START THE INPUT

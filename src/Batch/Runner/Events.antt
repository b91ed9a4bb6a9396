-- ===== src/Batch/Runner/Events.antt =====
-- A batch of app/src/batchrunner.cpp from event to event.
use mesh_commander.Prelude.{
  ℕ, zero, suc, ◌+◌, ◌≤◌, ◌≡◌, refl, ap, ◌∙◌, ◌⊎◌, inl, inr, true, false, not, ◌||◌, List, [], ◌∷◌,
  Option, some, map, ◌==◌, length, Bool-cases, arith, length-map, ℤ, pos, negsuc,
}
use mesh_commander.Batch.Runner.{
  then_on, new_runner, Bool, skipped_count, is_pending, failed_count, is_skipped, done_count,
  is_done, Job, Reply, Params, BatchRunner, is_running, is_failed, count, Dispatcher, on_reply,
  pump_queue, clamp_concurrency, set_max_concurrency, start, retry_failed, retried, new_job, begun,
  begun_again,
}
use mesh_commander.Batch.Runner.Counts.{count-before, one, count_before}
use mesh_commander.Batch.Runner.Moves.{pending_jobs, finished, IsCounted, RestsIdle, Moves}
use mesh_commander.Batch.Runner.Ends.{IsSettled}
use mesh_commander.Batch.Runner.Replies.{Gives, Gives-same, Gives-map, on_reply-Moves}
use mesh_commander.Batch.Runner.Pump.{then_on-Gives, pump_queue-Moves}

-- The calls that a runner gets: from the interface, and from a dispatcher that answers later.
pub data Event : Type 0 where
  start_batch : List ℤ → ℤ → Params → Event
  retry : Event
  reply_arrives : ℤ → Reply → Event
  limit : ℤ → Event

module _ (non_terminal : List ℕ) (dispatcher : Dispatcher) where
  unfoldable pub on_event : Event → BatchRunner → Option BatchRunner
  on_event (start_batch rows action params) s =
      (start non_terminal dispatcher rows action params s).0
  on_event retry s = (retry_failed non_terminal dispatcher s).0
  on_event (reply_arrives row reply) s =
      on_reply non_terminal dispatcher (pump_queue non_terminal dispatcher) row reply s
  on_event (limit n) s = some (set_max_concurrency n s)

  unfoldable pub on_events : List Event → BatchRunner → Option BatchRunner
  on_events [] s = some s
  on_events (e ∷ events) s = then_on non_terminal dispatcher (on_event e s) (on_events events)

-- Between two events.
pub record IsSound (s : BatchRunner) : Type 0 where
  pub counted : IsCounted s
  pub slots : 1 ≤ s.max_concurrency
  pub waiting : s.running ≡ true → 1 ≤ s.inflight
  pub at_rest : RestsIdle s

settled-IsSound :
    {s t : BatchRunner} → Moves s t → IsSettled t → 1 ≤ s.max_concurrency → RestsIdle s → IsSound t
settled-IsSound {s} {t} m d h r = record {
  counted = m.counted;
  slots = omega (arith, m.same_max, h);
  waiting = λ runs. elim d.drained [
    | inl none_left ↦ omega (arith, d.has_work runs, none_left, m.counted)
    | inr full ↦ omega (arith, full, m.same_max, h)
  ];
  at_rest = m.rests r;
}

clamp_concurrency_bounds : (n : ℤ) → (1 ≤ clamp_concurrency n) × (clamp_concurrency n ≤ 64)
unfolding clamp_concurrency
clamp_concurrency_bounds (pos n) = ground arith
clamp_concurrency_bounds (negsuc n) = ground arith

begun-IsCounted :
    (rows : List ℤ) → 0 ≡ count_before is_running (length (map new_job rows)) (map new_job rows)
unfolding count_before
begun-IsCounted [] = refl
begun-IsCounted (row ∷ rows) = omega (arith, begun-IsCounted rows)

-- Failed jobs become pending; none that was idle becomes running.
retried-idle :
    (i : ℕ) (jobs : List Job)
    → count_before is_running i (map retried jobs) ≤ count_before is_running i jobs
unfolding count_before
retried-idle zero jobs = omega arith
retried-idle (suc i) [] = omega arith
retried-idle (suc i) (j ∷ jobs) = ground (arith, retried-idle i jobs)

begun_again-IsCounted :
    (s : BatchRunner) → IsSound s → s.running ≡ false → IsCounted (begun_again s)
begun_again-IsCounted s v stopped =
    let same : length (map retried s.jobs) ≡ length s.jobs = length-map retried s.jobs in
    rw same (omega (arith, v.at_rest stopped, retried-idle (length s.jobs) s.jobs))

pub new_runner-IsSound : (ready : Bool) → IsSound (new_runner ready)
unfolding count_before
new_runner-IsSound ready = record {
  counted = refl;
  slots = omega arith;
  waiting = λ r. absurd (omega (arith, ap one r));
  at_rest = λ r. refl;
}

module _ (non_terminal : List ℕ) (dispatcher : Dispatcher) where
  -- A pump of a runner that has just been set to run.
  pumped-IsSound :
      (s : BatchRunner)
      → IsCounted s
      → 1 ≤ s.max_concurrency
      → RestsIdle s
      → Gives (pump_queue non_terminal dispatcher s) (λ t. Moves s t × IsSound t)
  pumped-IsSound s c h r =
      Gives-map (pump_queue-Moves non_terminal dispatcher s c)
        (λ t v. (v.0, settled-IsSound v.0 v.1 h r))

  start-IsSound :
      (rows : List ℤ) (action : ℤ) (params : Params) (s : BatchRunner)
      → IsSound s
      → Gives (start non_terminal dispatcher rows action params s).0 IsSound
  unfolding start
  start-IsSound rows action params s v =
      elim (Bool-cases (s.running || not s.has_dispatcher || (length rows == 0))) [
        | inl r ↦ Gives-same (rw r refl) (s, refl, v)
        | inr a ↦ Gives-same (rw a refl) (
            Gives-map
              (pumped-IsSound (begun rows action params s) (begun-IsCounted rows) v.slots
                (λ stopped. absurd (omega (arith, ap one stopped))))
              (λ t w. w.1))
      ]

  retry_failed-IsSound :
      (s : BatchRunner) → IsSound s → Gives (retry_failed non_terminal dispatcher s).0 IsSound
  unfolding retry_failed
  retry_failed-IsSound s v =
      elim (Bool-cases (s.running || not s.has_dispatcher || (count is_failed s.jobs == 0))) [
        | inl r ↦ Gives-same (rw r refl) (s, refl, v)
        | inr a ↦ Gives-same (rw a refl) (
            Gives-map
              (pumped-IsSound (begun_again s) (begun_again-IsCounted s v (ground (arith, a)))
                v.slots (λ stopped. absurd (omega (arith, ap one stopped))))
              (λ t w. w.1))
      ]

  -- A reply that arrives later is handled to its end: the runner stays sound, no job becomes
  -- pending, the number in flight stays below any bound that it and the limit were below, and
  -- the end of the batch is signalled exactly when it stops running.
  pub on_reply-IsSound :
      (row : ℤ) (reply : Reply) (s : BatchRunner)
      → IsSound s
      → Gives
          (on_event non_terminal dispatcher (reply_arrives row reply) s)
          (λ t. Moves s t × IsSound t)
  unfolding on_event
  on_reply-IsSound row reply s v =
      on_reply-Moves non_terminal dispatcher {Q = IsSound} (pump_queue non_terminal dispatcher) row
        reply s v.counted v
        (λ u m stopped. record {
          counted = m.counted;
          slots = omega (arith, m.same_max, v.slots);
          waiting = λ r. absurd (omega (arith, ap one stopped, ap one r));
          at_rest = m.rests v.at_rest;
        })
        (λ u m. pumped-IsSound u m.counted (omega (arith, m.same_max, v.slots)) (m.rests v.at_rest))

  pub on_event-IsSound :
      (e : Event) (s : BatchRunner)
      → IsSound s
      → Gives (on_event non_terminal dispatcher e s) IsSound
  unfolding on_event set_max_concurrency
  on_event-IsSound (start_batch rows action params) s v = start-IsSound rows action params s v
  on_event-IsSound retry s v = retry_failed-IsSound s v
  on_event-IsSound (reply_arrives row reply) s v =
      Gives-map (on_reply-IsSound row reply s v) (λ t w. w.1)
  on_event-IsSound (limit n) s v = (
    set_max_concurrency n s,
    refl,
    record {
      counted = v.counted;
      slots = (clamp_concurrency_bounds n).0;
      waiting = v.waiting;
      at_rest = v.at_rest;
    },
  )

  all_events-IsSound :
      (events : List Event) (s : BatchRunner)
      → IsSound s
      → Gives (on_events non_terminal dispatcher events s) IsSound
  unfolding on_events
  all_events-IsSound [] s v = (s, refl, v)
  all_events-IsSound (e ∷ events) s v =
      then_on-Gives non_terminal dispatcher (on_event non_terminal dispatcher e s)
        (on_events non_terminal dispatcher events) (on_event-IsSound e s v)
        (all_events-IsSound events)

  -- From a new runner, whatever batches are started and retried, whatever limits are set and
  -- whatever replies arrive, early within the dispatcher's call or late, every event is handled
  -- to its end, and between events the number in flight is the number of running jobs, a batch
  -- that runs has a reply to wait for, and a runner at rest has no waiting or running job.
  pub on_events-IsSound :
      (events : List Event) (ready : Bool)
      → Gives (on_events non_terminal dispatcher events (new_runner ready)) IsSound
  on_events-IsSound events ready =
      all_events-IsSound events (new_runner ready) (new_runner-IsSound ready)

  -- A start with rows on a sound runner that is at rest and has a dispatcher is accepted; the
  -- batch has a job for each row, no more in flight than the limit, no job waiting while a slot
  -- is free, and its end is signalled once or still to come.
  pub start_accepted :
      (rows : List ℤ) (action : ℤ) (params : Params) (s : BatchRunner)
      → IsSound s
      → s.running ≡ false
      → s.has_dispatcher ≡ true
      → 1 ≤ length rows
      → ((start non_terminal dispatcher rows action params s).1 ≡ true)
        × Gives (start non_terminal dispatcher rows action params s).0 (λ t.
          (length t.jobs ≡ length rows)
          × (t.inflight ≤ t.max_concurrency)
          × ((pending_jobs t ≡ 0) ⊎ (t.max_concurrency ≤ t.inflight))
          × (finished t.signals + one t.running ≡ finished s.signals + 1))
  unfolding start finished
  start_accepted rows action params s v stopped ready some_rows = (
    rw taken refl,
    Gives-same (rw taken refl) (
        Gives-map
          (pump_queue-Moves non_terminal dispatcher (begun rows action params s)
            (begun-IsCounted rows))
          (λ t w. (
            w.0.same_length ∙ length-map new_job rows,
            omega (arith, w.0.same_max, w.0.bounded s.max_concurrency (omega arith) (omega arith)),
            w.1.drained,
            w.0.once,
          ))),
  )
    where
      taken : (s.running || not s.has_dispatcher || (length rows == 0)) ≡ false
      taken = ground (arith, stopped, ready, some_rows)

-- Every status is one of five.
all_counted :
    (jobs : List Job)
    → count is_pending jobs
        + count is_running jobs
        + count is_done jobs
        + count is_failed jobs
        + count is_skipped jobs
      ≡ length jobs
unfolding count is_done is_skipped
all_counted [] = refl
all_counted (j ∷ jobs) = ground (arith, all_counted jobs)

-- When a sound runner is at rest, the done, failed and skipped jobs are all its jobs.
pub counts_at_rest :
    (s : BatchRunner)
    → IsSound s
    → s.running ≡ false
    → done_count s + failed_count s + skipped_count s ≡ length s.jobs
unfolding done_count failed_count skipped_count
counts_at_rest s v stopped = omega (
  arith,
  all_counted s.jobs,
  v.at_rest stopped,
  count-before is_pending s.jobs,
  count-before is_running s.jobs,
)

END THE INPUT

Search the data for "becomes". Copy every line that has it.

| RESPONSE TO THE EXERCISE |
-- Failed jobs become pending; none that was idle becomes running.
  -- A reply that arrives later is handled to its end: the runner stays sound, no job becomes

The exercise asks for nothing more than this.